ポチ、反撃す。(★)
薄暗い部屋の中で蝋燭の光がゆらゆらと揺れている。ポルトの声に応じるように、フォルカーが隣に立った。
「へぇ?問題ない、ねぇ」、そう言ってフォルカーは鼻で笑うがポルトは気にする様子もない。腰のベルトを外し始め……、フォルカーはそんな彼女に片手を差しだした。
「この大嘘つきがッッ!」
パチン!と乾いた音と共に、ポルトの額に小さな雷が落ちて思わず目を閉じる。
いつものように指で弾かれたらしい。
「心にもねぇこと言いやがって!」
「っ!?」
「俺はそんな顔してる女を無理矢理抱くようなことはしねぇよ!一年以上も側にいて、んなこともわからねぇのか!つか、それ以前に一回くらい拒否しろ!」
そう言うとくるりと向きを変える。
何かが吹っ切れたように、ポルトは外したばかりのベルトを床に叩きつけた。
「あ…貴方には…関係のないことです……!」
「……あんっ?」
「貴方のことが私に関係ないように、私のことも貴方には関係のないことです……!殿下こそ、なんでそんなことにこだわるんですか……!」
ぐつぐつと煮える鍋のように苛立ちが止まらない。拳をぎゅっと握りしめる。
「何を何処でどう見聞きしたかは知りませんが、私が隊長に何かするなんてことはありえません!ローガン様もそうです!頼まれ事をした礼に、クラウス様と共に大聖堂を案内して頂いただけです!もし嘘だとお思いなら、ご本人や従者方に直接お確かめ下さい……!! 」
こんなこと言わなくても本当はわかっているんじゃないのだろうか?知らないことだったとしても、それが彼にとってのなんだというのだ。

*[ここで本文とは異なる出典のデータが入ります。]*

-- ===== src/Consix/Value/Restored.antt =====
-- `CalculateStepValue` and `ConstructComPoint` take every stone away again.
use chess_set.Base.{
  ℕ, ◌+◌, Bool, ◌&&◌, ◌||◌, not, List, [], ◌∷◌, ◌++◌, if◌then◌else◌, ltb, ◌==◌, inl, inr,
  Bool-cases, and_split, ==→≡,
}
use chess_set.Base.Int.{ℤ, pos, ◌+ℤ◌, ◌==ℤ◌}
use chess_set.Consix.State.{Angle, angles, Point, Step, empty, pair}
use chess_set.Consix.Run.{◌>>=◌, pure, gets}
use chess_set.Consix.Run.Keeps.{
  IsSafe, Allowed, pure-IsSafe, gets-IsSafe, if-IsSafe, bind-IsSafe, gather-IsSafe, Keeps-refl,
  with_stones-IsSafe,
}
use chess_set.Consix.Value.{
  calculate_step_value, valued_step, search_range, centre, near_round, near_side, near_point,
  construct_com_point,
}

module _ (P : ℤ → ℤ → Type 0) where
  pub calculate_step_value-IsSafe :
      (step : Step) (side : ℕ)
      → Allowed P step.first
      → Allowed P step.second
      → IsSafe P (calculate_step_value step side)
  unfolding calculate_step_value
  calculate_step_value-IsSafe step side a b = bind-IsSafe P (gets-IsSafe P _) (λ com_value.
      bind-IsSafe P (gets-IsSafe P _) (λ per_value.
        with_stones-IsSafe P step.first side step.second a b (
          bind-IsSafe P (gets-IsSafe P _)
            (λ sum1. bind-IsSafe P (gets-IsSafe P _) (λ sum2. pure-IsSafe P _)))))

  pub valued_step-IsSafe :
      (p q : Point) (side : ℕ) → Allowed P p → Allowed P q → IsSafe P (valued_step p q side)
  unfolding valued_step
  valued_step-IsSafe p q side a b =
      bind-IsSafe P (calculate_step_value-IsSafe (pair p q) side a b)
        (λ s_value. bind-IsSafe P (gets-IsSafe P _) (λ hash_id. pure-IsSafe P _))

  module _ (first second : Point) (s side1 side2 : ℕ) (a : Allowed P first)
      (b : Allowed P second) where
    value_if :
        (c : Bool)
        → IsSafe P (if c then calculate_step_value (pair first second) s else pure (pos 0))
    value_if c =
        if-IsSafe P c (calculate_step_value-IsSafe (pair first second) s a b)
          (pure-IsSafe P (pos 0))

    near_round-IsSafe :
        (ks : List Angle) (count : ℕ) (value : ℤ)
        → IsSafe P (near_round first second s side1 side2 ks count value)
    unfolding near_round
    near_round-IsSafe [] count value = pure-IsSafe P (count, value)
    near_round-IsSafe (k ∷ ks) count value = bind-IsSafe P (gets-IsSafe P _) (λ id1.
        bind-IsSafe P (gets-IsSafe P _) (λ id2.
          if-IsSafe P (ltb 4 id1 || ltb 4 id2)
            (bind-IsSafe P (value_if (s == side1)) (λ v1.
              bind-IsSafe P (value_if (s == side2))
                (λ v2. near_round-IsSafe ks (count + 1) (value +ℤ v1 +ℤ v2))))
            (near_round-IsSafe ks count value)))

    near_side-IsSafe : (value : ℤ) → IsSafe P (near_side first second s side1 side2 value)
    unfolding near_side
    near_side-IsSafe value =
        bind-IsSafe P (with_stones-IsSafe P first s second a b (near_round-IsSafe angles 0 value))
          (λ r. pure-IsSafe P _)

  near_point-IsSafe :
      (first : Point) (side1 side2 : ℕ) (second : Point)
      → Allowed P first
      → IsSafe P (near_point first side1 side2 second)
  unfolding near_point ◌>>=◌ gets pure
  near_point-IsSafe first side1 side2 second a = record {
    keeps = λ g w.
        let elsewhere = not (second.x ==ℤ first.x) || not (second.y ==ℤ first.y) in
        elim (Bool-cases (g.board second.x second.y == empty && elsewhere)) [
          | inl e ↦
              let b : Allowed P second =
                w second.x second.y (==→≡ _ _ (and_split _ elsewhere e).0) in
              rw e ((look b).keeps g w)
          | inr e ↦ rw e (Keeps-refl P g)
        ];
  }
    where
      look :
          Allowed P second
          → IsSafe P (
              near_side first second 0 side1 side2 (pos 0) >>= λ one.
              near_side first second 1 side1 side2 one.0 >>= λ two. pure (one.1 ++ two.1))
      look b = bind-IsSafe P (near_side-IsSafe first second 0 side1 side2 a b (pos 0)) (λ one.
          bind-IsSafe P (near_side-IsSafe first second 1 side1 side2 a b one.0)
            (λ two. pure-IsSafe P (one.1 ++ two.1)))

  pub construct_com_point-IsSafe :
      (first : Point) (side1 side2 : ℕ)
      → Allowed P first
      → IsSafe P (construct_com_point first side1 side2)
  unfolding construct_com_point
  construct_com_point-IsSafe first side1 side2 a = bind-IsSafe P (gets-IsSafe P search_range) (λ r.
      bind-IsSafe P
        (gather-IsSafe P (centre r) (λ second. near_point-IsSafe first side1 side2 second a))
        (λ found. pure-IsSafe P _))
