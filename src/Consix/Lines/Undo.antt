-- ===== src/Consix/Lines/Undo.antt =====
-- Lines that were kept aside before an update, and copied back after it, are as they were.
use chess_set.Base.{ℕ, Bool, true, false, ◌≡◌, refl, ◌∙◌}
use chess_set.Consix.State.{Line}
use chess_set.Consix.Lines.{copy_fields}
use chess_set.Consix.Lines.Copy.{copy_fields_over, copy_fields_through, copy_fields_same, copy_if}

-- `old` is the line before the update.
module _ (w : ℕ) (old : Line) where
  -- `l` differs from `old` only in what `which = w` copies.
  abbrev Mends : Line → Type 0
  Mends l = copy_fields w old l ≡ old

  -- `t` has what is copied from `old`.
  abbrev Keeps : Line → Type 0
  Keeps t = (l : Line) → Mends l → copy_fields w t l ≡ old

  update-Mends : (b : Bool) (x l : Line) → Mends l → Mends (copy_if w b x l)
  update-Mends true x l m = copy_fields_over w old x l ∙ m
  update-Mends false x l m = m

  copy-Keeps : (t : Line) → Keeps (copy_fields w old t)
  copy-Keeps t l m = copy_fields_through w old t l ∙ m

  backup-Keeps : (b : Bool) (t : Line) → Keeps t → Keeps (copy_if w b old t)
  backup-Keeps true t k = copy-Keeps t
  backup-Keeps false t k = k

  recover_old : (b : Bool) (t : Line) → Keeps t → copy_if w b t old ≡ old
  recover_old true t k = k old (copy_fields_same w old)
  recover_old false t k = refl

  updated : (x : Line) → Mends (copy_fields w x old)
  updated x = update-Mends true x old (copy_fields_same w old)

  -- The first of the recoveries that writes mends the line, and the later ones keep it.
  mend3 :
      (b2 b3 b4 : Bool) (k l : Line)
      → Keeps k
      → Mends l
      → copy_if w b4 k (copy_if w b3 k (copy_if w b2 k (copy_if w true k l))) ≡ old
  mend3 b2 b3 b4 k l keeps mends =
      rw (keeps l mends, recover_old b2 k keeps, recover_old b3 k keeps) (recover_old b4 k keeps)

  -- Four backups, any update, four recoveries.
  pub undo4 :
      (b1 b2 b3 b4 : Bool) (t x1 x2 x3 x4 : Line)
      → let kept = copy_if w b4 old (copy_if w b3 old (copy_if w b2 old (copy_if w b1 old t))) in
        let l = copy_if w b4 x4 (copy_if w b3 x3 (copy_if w b2 x2 (copy_if w b1 x1 old))) in
        copy_if w b4 kept (copy_if w b3 kept (copy_if w b2 kept (copy_if w b1 kept l))) ≡ old
  undo4 false false false false t x1 x2 x3 x4 = refl
  undo4 true b2 b3 b4 t x1 x2 x3 x4 =
      mend3 b2 b3 b4 _ _ (backup-Keeps b4 _ (backup-Keeps b3 _ (backup-Keeps b2 _ (copy-Keeps t))))
        (update-Mends b4 x4 _ (update-Mends b3 x3 _ (update-Mends b2 x2 _ (updated x1))))
  undo4 false true b3 b4 t x1 x2 x3 x4 =
      mend3 false b3 b4 _ _ (backup-Keeps b4 _ (backup-Keeps b3 _ (copy-Keeps t)))
        (update-Mends b4 x4 _ (update-Mends b3 x3 _ (updated x2)))
  undo4 false false true b4 t x1 x2 x3 x4 =
      mend3 false false b4 _ _ (backup-Keeps b4 _ (copy-Keeps t))
        (update-Mends b4 x4 _ (updated x3))
  undo4 false false false true t x1 x2 x3 x4 =
      mend3 false false false _ _ (copy-Keeps t) (updated x4)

彼の中で引っかかっているのは使用人の一件だけなのか?もしかして他にもあるんじゃないかと疑ってしまう。
「貴方のお気持ちは先日お聞きしました。確かに最近甘えてしまっていた部分があったと思います。看病のことも配慮不足で申し訳ありませんでした……。『お遊び』のつきまとい、これは任務のひとつでして、変更は難しいかと思います。しかしそれ以外につきましては出来る限り殿下のご希望に添えるよう、近衛隊の皆様とも掛け合ってみます」
ただ、いつまでもこんなことを続けているわけにはいかない。それは自分でもわかる。陛下の事件が未解決なのだからフォルカーも余計なことで時間をとられている場合ではない。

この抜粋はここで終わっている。